他说:“好,不去。”但我还是会担心他会免不下人情去答应人家。
所以,今天早上,给父亲打电话。他说:“不去了,已经拒绝了。”这是我最想听到的回复。
我不知道父亲是否也给其他几姊妹打过电话,我也不确信父亲是听了我的建议后改变了主意。但在我这里,父亲愿意给我打电话商量这件事,我还是有些自豪吧。
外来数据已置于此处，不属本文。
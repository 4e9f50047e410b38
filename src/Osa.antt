-- ===== src/Osa.antt =====
-- rt_debug_cpp/src/i_osa_api.h: the wrappers of pthread, with the priorities of i_os_common.h beside it.
-- The pthread calls are the fields of `Pthread`, over whatever state they keep; attributes, mutexes,
-- spinlocks and threads are numbers that name objects. ASSERT is on, as in every build of the repository.
pub mod Priority
use rt_debug_lib.Base.{
  ℕ, ◌+◌, ◌-◌, ◌%◌, ◌^◌, Bool, ltb, leb, ◌==◌, if◌then◌else◌, Result, ok, assert, ◌>>=◌, ◌>>◌,
}

-- SCHED_OTHER and SCHED_FIFO
pub data Policy : Type 0 where
  sched_other sched_fifo : Policy

-- Each call returns an int, as a bit pattern, and the new state; usleep's is never read.
pub record Pthread (S : Type 0) : Type 0 where
  pub attr_init : ℕ → S → ℕ × S
  pub attr_destroy : ℕ → S → ℕ × S
  pub attr_setstacksize : ℕ → ℕ → S → ℕ × S
  pub attr_setschedpolicy : ℕ → Policy → S → ℕ × S
  pub attr_setschedparam : ℕ → ℕ → S → ℕ × S
  pub sched_get_priority_max : Policy → ℕ
  pub create : ℕ → ℕ → ℕ → ℕ → S → ℕ × S
  pub mutex_init : ℕ → S → ℕ × S
  pub mutex_destroy : ℕ → S → ℕ × S
  pub mutex_trylock : ℕ → S → ℕ × S
  pub mutex_lock : ℕ → S → ℕ × S
  pub mutex_unlock : ℕ → S → ℕ × S
  pub spin_init : ℕ → S → ℕ × S
  pub spin_destroy : ℕ → S → ℕ × S
  pub spin_trylock : ℕ → S → ℕ × S
  pub spin_lock : ℕ → S → ℕ × S
  pub spin_unlock : ℕ → S → ℕ × S
  pub usleep : ℕ → S → S

-- `OSA_prio`: the last priority without real time, and the first number that is none.
abbrev pub osa_prio_low : ℕ
osa_prio_low = 4

abbrev pub osa_prio_max : ℕ
osa_prio_max = 13

-- ASSERT(call == 0)
abbrev pub succeeded : {S : Type 0} → ℕ × S → Result S
succeeded (res, s) = do assert (res == 0); ok s

module _ {S : Type 0} (os : Pthread S) where
  -- OSA_thread_attr_init does not look at the result.
  abbrev pub osa_thread_attr_init : ℕ → S → S
  osa_thread_attr_init attr_p s = (os.attr_init attr_p s).1

  abbrev pub osa_thread_attr_destroy : ℕ → S → Result S
  osa_thread_attr_destroy attr_p s = succeeded (os.attr_destroy attr_p s)

  abbrev pub osa_thread_attr_set_stack_size : ℕ → ℕ → S → Result S
  osa_thread_attr_set_stack_size attr stack_size s =
      succeeded (os.attr_setstacksize attr stack_size s)

  -- max_fifo - (OSA_PRIO_MAX - priority), as an int32_t
  abbrev pub fifo_priority : ℕ → ℕ
  fifo_priority priority =
      (os.sched_get_priority_max Policy.sched_fifo + 2 ^ 32 - (osa_prio_max - priority)) % 2 ^ 32

  unfoldable pub osa_thread_attr_set_priority : ℕ → ℕ → S → Result S
  osa_thread_attr_set_priority attr priority s = do
    assert (ltb priority osa_prio_max)
    if leb priority osa_prio_low
        then (do
          s1 ← succeeded (os.attr_setschedpolicy attr Policy.sched_other s)
          succeeded (os.attr_setschedparam attr priority s1))
        else (do
          s1 ← succeeded (os.attr_setschedpolicy attr Policy.sched_fifo s)
          succeeded (os.attr_setschedparam attr (fifo_priority priority) s1))

  abbrev pub osa_thread_create : ℕ → ℕ → ℕ → ℕ → S → Result S
  osa_thread_create thread thread_attr start_routine arg s =
      succeeded (os.create thread thread_attr start_routine arg s)

  abbrev pub osa_mutex_create : ℕ → S → Result S
  osa_mutex_create mutex s = succeeded (os.mutex_init mutex s)

  abbrev pub osa_mutex_destroy : ℕ → S → Result S
  osa_mutex_destroy mutex s = succeeded (os.mutex_destroy mutex s)

  abbrev pub osa_mutex_trylock : ℕ → S → ℕ × S
  osa_mutex_trylock mutex s = os.mutex_trylock mutex s

  abbrev pub osa_mutex_lock : ℕ → S → Result S
  osa_mutex_lock mutex s = succeeded (os.mutex_lock mutex s)

  abbrev pub osa_mutex_unlock : ℕ → S → Result S
  osa_mutex_unlock mutex s = succeeded (os.mutex_unlock mutex s)

  abbrev pub osa_spinlock_create : ℕ → S → Result S
  osa_spinlock_create lock s = succeeded (os.spin_init lock s)

  abbrev pub osa_spinlock_destroy : ℕ → S → Result S
  osa_spinlock_destroy lock s = succeeded (os.spin_destroy lock s)

  abbrev pub osa_spinlock_lock : ℕ → S → Result S
  osa_spinlock_lock lock s = succeeded (os.spin_lock lock s)

  abbrev pub osa_spinlock_trylock : ℕ → S → ℕ × S
  osa_spinlock_trylock lock s = os.spin_trylock lock s

  abbrev pub osa_spinlock_unlock : ℕ → S → Result S
  osa_spinlock_unlock lock s = succeeded (os.spin_unlock lock s)

  abbrev pub osa_sleep : ℕ → S → S
  osa_sleep ticks s = os.usleep ticks s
以前他为我做主,现在轮到我可以为他做主了,这种互相成就的爱啊,我会倍加珍惜。
02
周末的下午和晚上,我和儿子都有一段对坐的好时光。这一个月,他在实习。
我在一边做我的事,码字、看书。
他在另一边,写他的毕业论文,玩游戏。
我们偶尔对望,我调皮的时候居多。我要和他说话,有时偷拍他。他做出不悦的表情,但也只是一小会儿不悦。也许他已经容忍了对面有一个调皮的妈妈存在。
今天,我一边组合文字,一边和他聊天。
他给我讲“内卷”,讲他班上同学今年的考研情况,均为失败,准备明年再战。这样年复一年的累积,成了更大的“内卷”。
关于“内卷”,我发现他比我理解深刻得多。
我很乐意听他发表观点,和他讨论一些事情。
03
午餐和晚餐,我都是不会操心的。
先生因为昨晚陪老家来的客人至凌晨四点,根本就没有休息好。但午餐和晚餐还是要经由他手,我和儿子才能拥有更多的对坐时光。
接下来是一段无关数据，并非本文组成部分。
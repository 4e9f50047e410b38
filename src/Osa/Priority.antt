-- ===== src/Osa/Priority.antt =====
-- OSA_thread_attr_set_priority over the scheduling calls as Linux documents them.
use rt_debug_lib.Base.{
  ℕ, ◌+◌, ◌≤◌, ◌<◌, ◌≡◌, ◌≢◌, ap, ap₂, ◌∙◌, arith, ok, err, Fault, map_ok, or_fault, if◌then◌else◌,
  leb, ltb, ◌==◌, Option, none, some, dec_lt, ℕ_discrete,
}
use rt_debug_lib.Osa.{
  Policy, sched_other, sched_fifo, Pthread, succeeded, osa_prio_low, osa_prio_max, fifo_priority,
  osa_thread_attr_set_priority,
}

-- The static priorities of a policy: 0 alone, or 1 to 99.
abbrev pub lowest : Policy → ℕ
lowest sched_other = 0
lowest sched_fifo = 1

abbrev pub highest : Policy → ℕ
highest sched_other = 0
highest sched_fifo = 99

-- pthread_attr_setschedpolicy sets either policy of a thread's attributes; pthread_attr_setschedparam
-- returns 0 and sets a priority of the attributes' policy, and returns another number for any other
-- one. `policy` and `priority` are what the attributes hold.
pub record IsSched {S : Type 0} (os : Pthread S) : Type 0 where
  pub policy : ℕ → S → Policy
  pub priority : ℕ → S → ℕ
  pub max : os.sched_get_priority_max sched_fifo ≡ 99
  pub set_policy_ok : (a : ℕ) (p : Policy) (s : S) → (os.attr_setschedpolicy a p s).0 ≡ 0
  pub set_policy : (a : ℕ) (p : Policy) (s : S) → policy a (os.attr_setschedpolicy a p s).1 ≡ p
  pub set_priority :
      (a v : ℕ) (s : S)
      → lowest (policy a s) ≤ v
      → v ≤ highest (policy a s)
      → let out = os.attr_setschedparam a v s in
        (out.0 ≡ 0) × (policy a out.1 ≡ policy a s) × (priority a out.1 ≡ v)
  pub refuse_priority :
      (a v : ℕ) (s : S) → highest (policy a s) < v → (os.attr_setschedparam a v s).0 ≢ 0

-- What a priority stands for: the lowest one is that of a thread without real time, those above
-- OSA_PRIO_LOW are real-time priorities below the highest, and those between have no place.
abbrev pub meaning : ℕ → Option (Policy × ℕ)
meaning p =
    if p == 0
    then some (sched_other, 0)
    else if leb p osa_prio_low
    then none
    else if ltb p osa_prio_max
    then some (sched_fifo, 86 + p)
    else none

module _ {S : Type 0} (os : Pthread S) (sched : IsSched os) (a p : ℕ) (s : S) where
  abbrev attributes : S → Policy × ℕ
  attributes t = (sched.policy a t, sched.priority a t)

  -- The state after the policy is set.
  abbrev with_policy : Policy → S
  with_policy pol = (os.attr_setschedpolicy a pol s).1

  param_set :
      (pol : Policy) (v : ℕ)
      → lowest pol ≤ v
      → v ≤ highest pol
      → map_ok attributes (succeeded (os.attr_setschedparam a v (with_policy pol))) ≡ ok (pol, v)
  param_set pol v lo hi =
      let is = sched.set_policy a pol s in
      let (zero_result, kept, stored) =
        sched.set_priority a v (with_policy pol) (rw is lo) (rw is hi) in
      rw zero_result (ap₂ (λ x y. ok (x, y)) (kept ∙ is) stored)

  param_refused :
      (pol : Policy) (v : ℕ)
      → highest pol < v
      → succeeded (os.attr_setschedparam a v (with_policy pol)) ≡ err Fault.assert_failed
  param_refused pol v above =
      let is = sched.set_policy a pol s in
      let failed = sched.refuse_priority a v (with_policy pol) (rw is above) in
      ground (arith, failed)

  low_run :
      p ≤ osa_prio_low
      → osa_thread_attr_set_priority os a p s
        ≡ succeeded (os.attr_setschedparam a p (with_policy sched_other))
  unfolding osa_thread_attr_set_priority
  low_run low = ground (arith, sched.set_policy_ok a sched_other s)

  high_run :
      osa_prio_low < p
      → p < osa_prio_max
      → osa_thread_attr_set_priority os a p s
        ≡ succeeded (os.attr_setschedparam a (86 + p) (with_policy sched_fifo))
  unfolding osa_thread_attr_set_priority
  high_run above below =
      let value : fifo_priority os p ≡ 86 + p = rw sched.max (omega arith) in
      ground (arith, sched.set_policy_ok a sched_fifo s, value)

  too_high_run : osa_prio_max ≤ p → osa_thread_attr_set_priority os a p s ≡ err Fault.assert_failed
  unfolding osa_thread_attr_set_priority
  too_high_run above = ground arith

  -- OSA_thread_attr_set_priority on Linux, where a thread without real time has the priority 0 only
  -- and SCHED_FIFO has 1 to 99: OSA_PRIO_LOWEST gives the attributes SCHED_OTHER and 0, a priority above
  -- OSA_PRIO_LOW and below OSA_PRIO_MAX gives SCHED_FIFO and that number plus 86; the call aborts for the four
  -- priorities from OSA_PRIO_ALMOST_LOWEST to OSA_PRIO_LOW, and from OSA_PRIO_MAX on.
  pub set_priority-eq-meaning :
      map_ok attributes (osa_thread_attr_set_priority os a p s)
      ≡ or_fault (meaning p) Fault.assert_failed
  set_priority-eq-meaning = elim (dec_lt osa_prio_low p) [
    | no low ↦ elim (ℕ_discrete p 0) [
      | yes e ↦
          ap (map_ok attributes) (low_run (omega arith))
          ∙ param_set sched_other p (omega arith) (omega arith)
          ∙ ground (arith, e)
      | no ne ↦
          ap (map_ok attributes) (low_run (omega arith) ∙ param_refused sched_other p (omega arith))
          ∙ ground arith
    ]
    | yes above ↦ elim (dec_lt p osa_prio_max) [
      | yes below ↦
          ap (map_ok attributes) (high_run above below)
          ∙ param_set sched_fifo (86 + p) (omega arith) (omega arith)
          ∙ ground arith
      | no out ↦ ap (map_ok attributes) (too_high_run (omega arith)) ∙ ground arith
    ]
  ]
下午些,他午睡起来。我告诉他我很忙,要做事。他就顶着偌大一个黑眼圈出去买菜,回来后又在沙发上睡着了。
现在,他已经在厨房忙碌。
就这样,周日一边听着《萱草花》,一边数着这些细小的平常的时光,安心地做着自己喜欢的事情,看喜欢的电视剧,或者对着飘窗上的百合发呆,哪怕是雾霾深重的天,我依然会觉得:活着,真好!当下,最好!